Le musicien du métro n’en est plus là. Son premier album, « Underground Raï Love », vient en effet de paraître, accompagné aujourd’hui du clip d’« Ana Rani ».
C’était il y a une dizaine d’années, dans la ligne 2 du métro parisien, entre les stations Belleville et Barbès-Rochechouart. Un garçon, dont on peinait alors à deviner l’âge (il est aujourd’hui âgé de 37 ans), s’avançait dans la rame, le regard vague, la démarche mal assurée, les yeux empreints d’un spleen troublant. Pas un mot en direction de l’auditoire de fortune que représente les usagers du métro parisien, mais un chant, mystique et profond, entonné sans interruption, et sans quasiment un regard à qui que ce soit. Le chant évoque le raï, minimal et honnête, d’un individu à part.
Chanter les autres, se chanter soi
On fut profondément troublé par la grâce de ce personnage sorti de nulle part, et on ne fut pas les seuls. Mohamed Lamouri, les usagers qui utilisent depuis une décennie la ligne 2 du métro (et avant cela, ceux de la ligne 6, la 8, la 4), le connaissent bien. Il y circule en effet souvent, seul avec un synthé mal-en-point, alternant ses reprises de Michael Jackson (sa version de « Bilie Jean » en a marqué plus d’un), de Cheb Hasni (le chanteur algérien mort en martyr en 1994, dont il assure connaître tout le répertoire), de The Eagles, ou désormais ses propres compositions.
L’effet toujours, est le même, lorsque l’on croise son chemin pour la première fois, et même les 100 fois d’après : le personnage fascine, trouble, et gêne même parfois, tant il est étrange de se retrouver devant pareille interprétation, alors que l’on tente de trouver sa place au sein d’un métro bien rempli. Au milieu de la foule, vitreuse puis captivée, le garçon s’excuse quasiment d’être là, mais chante tout de même, quoi qu’il arrive.
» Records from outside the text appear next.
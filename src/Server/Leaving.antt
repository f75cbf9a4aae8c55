-- ===== src/Server/Leaving.antt =====
-- What the end of a node's connection leaves of the node.
use fleet_lm.Base.{
  ℕ, true, false, none, some, ◌≡◌, refl, not, subst, sym, Option-cases, inl, inr, arith, contains,
  contains-append, lookup, lookup-map_values,
}
use fleet_lm.Batch.Data.{WorkUnit, requeued}
use fleet_lm.Batch.Requeue.{reclaimed, reclaim, requeue_where, held_by, release_node}
use fleet_lm.Batch.Valid.Defs.{Valid}
use fleet_lm.Batch.Valid.Requeueing.{contains-reclaimed}
use fleet_lm.Fleet.Registry.{get_node}
use fleet_lm.Fleet.Sweep.{IsConsistent, get_node-remove}
use fleet_lm.Session.Data.{
  InferenceSession, SessionState, pending, generating, complete, failed, is_active, is_closed,
}
use fleet_lm.Session.Inference.{put, fail}
use fleet_lm.Session.Manager.{get, served_by_node, fail_if_served, fail_sessions_for_node}
use fleet_lm.Server.App.{App, on_metrics, on_store, on_registry, on_sessions}
use fleet_lm.Server.Connection.{leave}

-- The node is not registered, holds no lease, and serves no session that is active.
pub record IsGone (node_id : ℕ) (app : App) : Type 0 where
  pub node : get_node node_id app.registry ≡ none
  pub units :
      (k : ℕ) (u : WorkUnit) → lookup k app.batch_store.units ≡ some u → held_by node_id u ≡ false
  pub sessions :
      (k : ℕ) (s : InferenceSession)
      → get k app.session_manager ≡ some s
      → served_by_node node_id s ≡ true
      → is_active s.state ≡ false

reclaim-held_by :
    (node_id : ℕ) (u : WorkUnit) → held_by node_id (reclaim (held_by node_id) u) ≡ false
unfolding reclaim requeued held_by
reclaim-held_by node_id u = ground arith

is_active-not_closed : (st : SessionState) → is_active st ≡ not (is_closed st)
unfolding is_active is_closed
is_active-not_closed pending = refl
is_active-not_closed generating = refl
is_active-not_closed complete = refl
is_active-not_closed failed = refl

fail_if_served-closed :
    (node_id : ℕ) (s : InferenceSession)
    → served_by_node node_id (fail_if_served node_id s) ≡ true
    → is_active (fail_if_served node_id s).state ≡ false
unfolding fail_if_served fail put is_active served_by_node
fail_if_served-closed node_id s h = ground (arith, is_active-not_closed s.state)

-- When a node's connection ends, the node is gone: it is not registered, none of its leases is left,
-- and no session that it served is active.
pub leave-IsGone :
    (now node_id : ℕ) (app : App)
    → IsConsistent app.registry
    → IsGone node_id (leave now node_id app)
unfolding leave on_metrics on_store on_registry on_sessions release_node requeue_where
    fail_sessions_for_node get
leave-IsGone now node_id app c = record {
  node = ground (arith, get_node-remove node_id node_id app.registry c);
  units = λ k u h. elim (Option-cases (lookup k app.batch_store.units)) [
    | inl absent ↦
        ground (arith, lookup-map_values k (reclaim (held_by node_id)) app.batch_store.units)
    | inr (w, at) ↦
        let was : u ≡ reclaim (held_by node_id) w =
          ground (arith, lookup-map_values k (reclaim (held_by node_id)) app.batch_store.units) in
        rw was (reclaim-held_by node_id w)
  ];
  sessions = λ k s h served. elim (Option-cases (get k app.session_manager)) [
    | inl absent ↦
        ground (arith, lookup-map_values k (fail_if_served node_id) app.session_manager.sessions)
    | inr (w, at) ↦
        let was : s ≡ fail_if_served node_id w =
          ground
            (arith, lookup-map_values k (fail_if_served node_id) app.session_manager.sessions) in
        subst (λ x. served_by_node node_id x ≡ true → is_active x.state ≡ false) (sym was)
          (fail_if_served-closed node_id w) served
  ];
}

-- When a node's connection ends, each unit that it held waits in the queue again, with the attempts
-- it has used.
pub leave-requeues :
    (now node_id k : ℕ) (u : WorkUnit) (app : App)
    → Valid app.batch_store
    → lookup k app.batch_store.units ≡ some u
    → held_by node_id u ≡ true
    → let s = (leave now node_id app).batch_store in
      (lookup k s.units ≡ some (requeued u)) × (contains k s.pending ≡ true)
unfolding leave on_metrics on_store on_registry on_sessions release_node requeue_where reclaim
leave-requeues now node_id k u app v h t = (
  ground (arith, lookup-map_values k (reclaim (held_by node_id)) app.batch_store.units),
  ground (
    arith,
    contains-append k app.batch_store.pending (reclaimed (held_by node_id) app.batch_store.units),
    contains-reclaimed (held_by node_id) k u app.batch_store.units h t (v.stored k u h).key,
  ),
)
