-- ===== src/Server/Requests.antt =====
-- orchestrator/api/completions.py inside the server: interactive requests between their dispatch and
-- their answer, while everything else reaches the server. A request waits for events of its session
-- in `session.stream`; each pass of that loop is a step of its own. The loop starts with the dispatch.
pub mod Called
pub mod Follows
pub mod Booked
pub mod Passes
pub mod Steps
use fleet_lm.Base.{
  ℕ, ◌+◌, ◌*◌, String, Bool, Option, none, some, List, [], ◌∷◌, ◌++◌, if◌then◌else◌, Dict, lookup,
  insert, erase, modify,
}
use fleet_lm.Config.{Settings, second}
use fleet_lm.Verification.{Primitives}
use fleet_lm.Session.Data.{InferenceSession}
use fleet_lm.Session.Manager.{get, on_session}
use fleet_lm.Session.Stream.{Pass, yields, ends, pass, Streamed}
use fleet_lm.Server.App.{App, on_sessions}
use fleet_lm.Server.Handle.{field_or}
use fleet_lm.Server.Completions.{
  ChatCompletionRequest, Dispatched, refuses, starts, forget, conclude, chat_completions,
}
use fleet_lm.Server.Serve.{Event, serve}

-- A request that waits for its session: the node's object and identifier, when its stream times out,
-- whether the answer is streamed, and the texts received so far.
pub record Flight : Type 0 where
  pub ws : ℕ
  pub node_id : ℕ
  pub deadline : ℕ
  pub streams : Bool
  pub texts : List String

pub record Answered : Type 0 where
  pub session_id : ℕ
  pub deadline : ℕ
  pub out : Streamed

pub record Service : Type 0 where
  pub app : App
  pub flights : Dict Flight
  pub answered : List Answered

-- A session that `chat_completions` starts names its node.
new_flight : ℕ → Bool → ℕ → InferenceSession → Flight
new_flight deadline streams ws s = record {
  ws = ws;
  node_id = field_or 0 s.node_id;
  deadline = deadline;
  streams = streams;
  texts = [];
}

-- The request holds its session under `session_id` while it waits.
unfoldable pub take_off : ℕ → ℕ → Bool → Dispatched → Service → Service
unfolding new_flight
take_off session_id deadline streams (refuses status why app) v = record v { app = app }
take_off session_id deadline streams (starts s ws app) v = record v {
  app = app;
  flights = insert session_id (new_flight deadline streams ws s) v.flights;
}

unfoldable pub receive_text : String → Flight → Flight
receive_text text f = record f { texts = f.texts ++ text ∷ [] }

-- What the request does after a pass: it goes on with the text, or answers and cleans up.
unfoldable pub after_pass : ℕ → Flight → Pass → InferenceSession → Service → Service
after_pass session_id f (yields text) s v = record v {
  app = on_sessions (on_session (some session_id) (λ _. s)) v.app;
  flights = modify session_id (receive_text text) v.flights;
}
after_pass session_id f (ends e) s v = record {
  app = conclude f.node_id f.ws e s v.app;
  flights = erase session_id v.flights;
  answered =
      v.answered
      ++ (record {
        session_id = session_id;
        deadline = f.deadline;
        out = record { texts = f.texts; end = some e; session = s; unused = [] };
      })
        ∷ [];
}

-- A pass at a time when the queue is as it is; with an empty queue, the wait has timed out.
unfoldable pub pass_at : ℕ → ℕ → InferenceSession → Pass × InferenceSession
pass_at deadline now s = pass deadline (record { now = now; calls = [] }) s

unfoldable pub take : ℕ → ℕ → Flight → Option InferenceSession → Service → Service
unfolding pass_at
take now session_id f none v = v
take now session_id f (some s) v =
    let (p, s') = pass_at f.deadline now s in after_pass session_id f p s' v

unfoldable pub take_next : ℕ → ℕ → Option Flight → Service → Service
take_next now session_id none v = v
take_next now session_id (some f) v = take now session_id f (get session_id v.app.session_manager) v

-- The client of a streaming answer goes away: the generator is closed at its wait, and its `finally`
-- clause runs. Nobody tells the handler of another request.
unfoldable pub drop_flight : ℕ → Option Flight → Service → Service
drop_flight session_id none v = v
drop_flight session_id (some f) v =
    if f.streams
    then record v { app = forget session_id f.ws v.app; flights = erase session_id v.flights }
    else v

pub data Arrival : Type 0 where
  reaches : (e : Event) → Arrival
  asks : (session_id : ℕ) (req : ChatCompletionRequest) (streams sent : Bool) → Arrival
  passes : (session_id : ℕ) → Arrival
  hangs_up : (session_id : ℕ) → Arrival

module _ (compare_digest : String → String → Bool) (lib : Primitives) (settings : Settings) where
  unfoldable pub arrive : ℕ × Arrival → Service → Service
  arrive (now, reaches e) v = record v { app = serve compare_digest lib settings (now, e) v.app }
  arrive (now, asks session_id req streams sent) v =
      take_off session_id (now + settings.generation_timeout_sec * second) streams
        (chat_completions session_id req sent v.app) v
  arrive (now, passes session_id) v = take_next now session_id (lookup session_id v.flights) v
  arrive (now, hangs_up session_id) v = drop_flight session_id (lookup session_id v.flights) v

  unfoldable pub arrive_all : List (ℕ × Arrival) → Service → Service
  arrive_all [] v = v
  arrive_all (a ∷ rest) v = arrive_all rest (arrive a v)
Viscéralement associé à ce tronçon de métro, Lamouri, originaire de Tlemcen Algérie, ne se résume pourtant pas à ça. On peut en effet le voir ailleurs, à Belleville très souvent, comme au Zorba, où il a élu résidence, et où il donne très souvent des concerts. Depuis que les malins de La Souterraine l’ont découvert, comme tout le monde et ça ne s’invente pas, dans les rames aériennes et souterraines de la ligne 2, il est même parfois affublé d’un groupe, Mostla, qui accompagne et magnifie ses lamentations mystiques.
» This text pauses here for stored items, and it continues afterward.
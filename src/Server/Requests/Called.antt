-- ===== src/Server/Requests/Called.antt =====
-- What reaches the server acts on the sessions that are stored by calls of nodes alone.
use mathlib.Core.Option
use fleet_lm.Base.{
  ℕ, String, Bool, Option, none, some, ◌≡◌, refl, ◌∙◌, ap, inl, inr, List, [], ◌∷◌, ◌++◌, ◌==◌,
  arith, Bool-cases, Dict, lookup, modify, map_values, keys, lookup-modify, lookup-map_values,
  keys-modify, keys-map_values,
}
use fleet_lm.Config.{Settings}
use fleet_lm.Verification.{Primitives}
use fleet_lm.Session.Data.{InferenceSession}
use fleet_lm.Session.Inference.{put, push_chunk, complete, fail}
use fleet_lm.Session.Manager.{
  SessionManager, on_session, fail_if_served, served_by_node, fail_sessions_for_node,
}
use fleet_lm.Session.Stream.{NodeCall, pushes, completes, fails, apply, apply_all}
use fleet_lm.Server.App.{App, on_metrics, on_registry, on_sessions}
use fleet_lm.Server.Connection.{set_connection}
use fleet_lm.Server.Serve.{Event, serve}
use fleet_lm.Server.Kept.{Keeps, Allowed, serve-Keeps}

pub apply_all-append :
    (cs cs' : List NodeCall) (s : InferenceSession)
    → apply_all (cs ++ cs') s ≡ apply_all cs' (apply_all cs s)
unfolding apply_all
apply_all-append [] cs' s = refl
apply_all-append (c ∷ cs) cs' s = apply_all-append cs cs' (apply c s)

id-fail : (message : String) (s : InferenceSession) → (fail message s).id ≡ s.id
unfolding fail put
id-fail message s = ground arith

pub id-apply_all : (cs : List NodeCall) (s : InferenceSession) → (apply_all cs s).id ≡ s.id
unfolding apply_all apply push_chunk complete put
id-apply_all [] s = refl
id-apply_all (pushes text ∷ cs) s = id-apply_all cs (apply (pushes text) s)
id-apply_all (completes reason prompt completion ∷ cs) s =
    id-apply_all cs (apply (completes reason prompt completion) s)
id-apply_all (fails message ∷ cs) s = id-apply_all cs (apply (fails message) s) ∙ id-fail message s

-- A session is there afterwards, and has been called on; none is new.
abbrev pub CalledAt : Option InferenceSession → Option InferenceSession → Type 0
CalledAt none o = o ≡ none
CalledAt (some s) o = (cs : List NodeCall) × (o ≡ some (apply_all cs s))

abbrev pub Sessions : Type 0
Sessions = Dict InferenceSession

pub record Called (d d' : Sessions) : Type 0 where
  pub at : (k : ℕ) → CalledAt (lookup k d) (lookup k d')
  pub keys : keys d' ≡ keys d

CalledAt-refl : (o : Option InferenceSession) → CalledAt o o
unfolding apply_all
CalledAt-refl none = refl
CalledAt-refl (some s) = ([], refl)

-- One more call, or none, at a session.
CalledAt-more :
    (o p : Option InferenceSession) (f : InferenceSession → InferenceSession)
    → ((s : InferenceSession) → (cs : List NodeCall) × (f s ≡ apply_all cs s))
    → CalledAt o p
    → CalledAt o (Option.map f p)
CalledAt-more none p f h e = rw e refl
CalledAt-more (some s) p f h (cs, e) =
    let (more, q) = h (apply_all cs s) in
    (cs ++ more, rw (e, apply_all-append cs more s) (ap some q))

module _ (d d' : Sessions) (c : Called d d') where
  Called-modify :
      (k : ℕ) (f : InferenceSession → InferenceSession)
      → ((s : InferenceSession) → (cs : List NodeCall) × (f s ≡ apply_all cs s))
      → Called d (modify k f d')
  Called-modify k f h = record {
    at = λ j. elim (Bool-cases (j == k)) [
      | inl e ↦
          rw (lookup-modify j k f d', e) (CalledAt-more (lookup j d) (lookup j d') f h (c.at j))
      | inr e ↦ rw (lookup-modify j k f d', e) (c.at j)
    ];
    keys = keys-modify k f d' ∙ c.keys;
  }

  Called-map_values :
      (f : InferenceSession → InferenceSession)
      → ((s : InferenceSession) → (cs : List NodeCall) × (f s ≡ apply_all cs s))
      → Called d (map_values f d')
  Called-map_values f h = record {
    at = λ j. rw (lookup-map_values j f d') (CalledAt-more (lookup j d) (lookup j d') f h (c.at j));
    keys = keys-map_values f d' ∙ c.keys;
  }

fail_if_served-calls :
    (node_id : ℕ) (s : InferenceSession)
    → (cs : List NodeCall) × (fail_if_served node_id s ≡ apply_all cs s)
unfolding fail_if_served apply_all apply
fail_if_served-calls node_id s = elim (Bool-cases (served_by_node node_id s)) [
  | inl e ↦ (fails "serving node disconnected" ∷ [], rw e refl)
  | inr e ↦ ([], rw e refl)
]

Called-on_session :
    (d : Sessions) (o : Option ℕ) (call : NodeCall) (m : SessionManager)
    → Called d m.sessions
    → Called d (on_session o (apply call) m).sessions
unfolding on_session apply_all
Called-on_session d none call m c = c
Called-on_session d (some k) call m c =
    Called-modify d m.sessions c k (apply call) (λ s. (call ∷ [], refl))

-- The sessions of the server have been called on since they were `d`.
abbrev CalledSince : Sessions → App → Type 0
CalledSince d app = Called d app.session_manager.sessions

keeps_CalledSince : (d : Sessions) → Keeps (CalledSince d)
unfolding on_metrics on_registry on_sessions set_connection on_session fail_sessions_for_node
    apply_all
keeps_CalledSince d = record {
  on_metrics = λ f app c. c;
  on_registry = λ f app c. c;
  store = λ new app h c. c;
  on_call = λ o call app c. Called-on_session d o call app.session_manager c;
  on_loss = λ node_id app c.
      Called-map_values d app.session_manager.sessions c (fail_if_served node_id)
        (fail_if_served-calls node_id);
  set_connection = λ ws x app c. c;
}

pub serve-Called :
    (compare_digest : String → String → Bool) (lib : Primitives) (settings : Settings)
    (e : ℕ × Event) (app : App)
    → Allowed e.1 app
    → Called app.session_manager.sessions
        (serve compare_digest lib settings e app).session_manager.sessions
serve-Called compare_digest lib settings e app a =
    let d = app.session_manager.sessions in
    serve-Keeps (CalledSince d) (keeps_CalledSince d) compare_digest lib settings e app a
      (record { at = λ k. CalledAt-refl (lookup k d); keys = refl })
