-- ===== src/Server/Requests/Follows.antt =====
-- A request inside the server and the generator of its session: what the passes of the request have
-- done so far is what the generator does on some rounds.
use mathlib.Core.List.{append-nil, append_assoc}
use fleet_lm.Base.{ℕ, String, some, ◌≡◌, refl, sym, ◌∙◌, ap, List, [], ◌∷◌, ◌++◌}
use fleet_lm.Session.Data.{InferenceSession}
use fleet_lm.Session.Stream.{
  NodeCall, apply_all, Round, yields, ends, End, pass, Streamed, resume, stream,
}
use fleet_lm.Server.Requests.{pass_at}
use fleet_lm.Server.Requests.Called.{apply_all-append}

abbrev round : ℕ → List NodeCall → Round
round now calls = record { now = now; calls = calls }

abbrev prepend : List String → Streamed → Streamed
prepend ts out = record out { texts = ts ++ out.texts }

-- After some rounds and the calls of a round that has begun, the generator has yielded `ts` and goes
-- on as it does from `s`.
pub record Follows (deadline : ℕ) (first : InferenceSession) (ts : List String)
    (s : InferenceSession) : Type 0 where
  pub rounds : List Round
  pub calls : List NodeCall
  pub goes_on :
      (now : ℕ) (more : List NodeCall) (later : List Round)
      → stream deadline (rounds ++ round now (calls ++ more) ∷ later) first
        ≡ prepend ts (stream deadline (round now more ∷ later) s)

pub begins-Follows : (deadline : ℕ) (s : InferenceSession) → Follows deadline s [] s
begins-Follows deadline s = record { rounds = []; calls = []; goes_on = λ now more later. refl }

stream_calls :
    (deadline now : ℕ) (cs more : List NodeCall) (later : List Round) (s : InferenceSession)
    → stream deadline (round now (cs ++ more) ∷ later) s
      ≡ stream deadline (round now more ∷ later) (apply_all cs s)
unfolding stream pass
stream_calls deadline now cs more later s = rw (apply_all-append cs more s) refl

stream_yields :
    (deadline now : ℕ) (later : List Round) (s s' : InferenceSession) (t : String)
    → pass_at deadline now s ≡ (yields t, s')
    → stream deadline (round now [] ∷ later) s ≡ prepend (t ∷ []) (stream deadline later s')
unfolding stream pass_at resume
stream_yields deadline now later s s' t e = rw e refl

stream_ended :
    (deadline now : ℕ) (s s' : InferenceSession) (e : End)
    → pass_at deadline now s ≡ (ends e, s')
    → stream deadline (round now [] ∷ []) s
      ≡ record { texts = []; end = some e; session = s'; unused = [] }
unfolding stream pass_at resume
stream_ended deadline now s s' e h = rw h refl

module _ (deadline : ℕ) (first : InferenceSession) (ts : List String) (s : InferenceSession)
    (f : Follows deadline first ts s) where
  pub apply_all-Follows : (cs : List NodeCall) → Follows deadline first ts (apply_all cs s)
  apply_all-Follows cs = record {
    rounds = f.rounds;
    calls = f.calls ++ cs;
    goes_on = λ now more later. rw (append_assoc f.calls cs more) (
        f.goes_on now (cs ++ more) later
        ∙ ap (prepend ts) (stream_calls deadline now cs more later s));
  }

  pub yields-Follows :
      (now : ℕ) (t : String) (s' : InferenceSession)
      → pass_at deadline now s ≡ (yields t, s')
      → Follows deadline first (ts ++ t ∷ []) s'
  yields-Follows now t s' e = record {
    rounds = f.rounds ++ round now (f.calls ++ []) ∷ [];
    calls = [];
    goes_on = λ now' more later.
        rw (append_assoc f.rounds (round now (f.calls ++ []) ∷ []) (round now' more ∷ later)) (
          f.goes_on now [] (round now' more ∷ later)
          ∙ ap (prepend ts) (stream_yields deadline now (round now' more ∷ later) s s' t e)
          ∙ ap (λ us. record (stream deadline (round now' more ∷ later) s') { texts = us })
              (sym
                (append_assoc ts (t ∷ []) (stream deadline (round now' more ∷ later) s').texts)));
  }

  pub ends-Follows :
      (now : ℕ) (e : End) (s' : InferenceSession)
      → pass_at deadline now s ≡ (ends e, s')
      → (rounds : List Round) × (stream deadline rounds first
          ≡ record { texts = ts; end = some e; session = s'; unused = [] })
  ends-Follows now e s' h = (
    f.rounds ++ round now (f.calls ++ []) ∷ [],
    f.goes_on now [] []
        ∙ ap (prepend ts) (stream_ended deadline now s s' e h)
        ∙ ap (λ us. record { texts = us; end = some e; session = s'; unused = [] }) (append-nil ts),
  )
Boosté par cette rencontre, qui a contribué à cadrer la trajectoire du musicien et chanteur, Mohamed a vu son horizon se modifier quelque peu. Son titre « Tgoul Maaraft », s’est même retrouvé en playlist sur Nova. Mais qu’on le croise station La Chapelle, qu’on vienne à sa rencontre sur la scène du FGO Barbara, qu’on l’embarque avec nous en Nuit Zébrée, ou qu’on le convie, très tôt le matin, aux lives donnés pendant deux ans dans notre verrière renommée Café Nova (c’était dans Plus Près De Toi), Lamouri ne bouge pas. Il demeure le même, cloitré dans un costume ô combien naturel, avec sa dégaine de clochard céleste, sa mélancolie pleine les yeux, son synthé porté à même le bras, comme unique attirail. Parfois, celui-là s’enraye, ne fonctionne plus du tout. Pas de problème, il a l’habitude. Du scotch épais permet aux différents morceaux de tenir, encore.
Tlemcen Underground
Underground, le son de Mohamed Lamouri ? Le terme, tellement vidé désormais de son sens initial, a rarement été autant adapté. Il y a quelques jours, Mohamed Lamouri a fini par sortir son premier album, Underground Raï Love (quel beau titre), sur Almost Musique / La Souterraine. Le terme, cette fois encore, n’est pas galvaudé : c’est une très belle histoire que celle de Lamouri, comme le suggère aussi le clip du magnifique « Ana Rani », réalisé par Maia Flore, que l’on vous propose aujourd’hui. C’est qu’après le pavé, il y a parfois la plage.
Mohamed Lamouri est en concert le 9 mai à la BAM de Metz, à La Maroquinerie le 12 juin, au Musée de La Piscine à Roubaix le 25 mai. Et régulièrement sur la ligne 2, vous avez compris.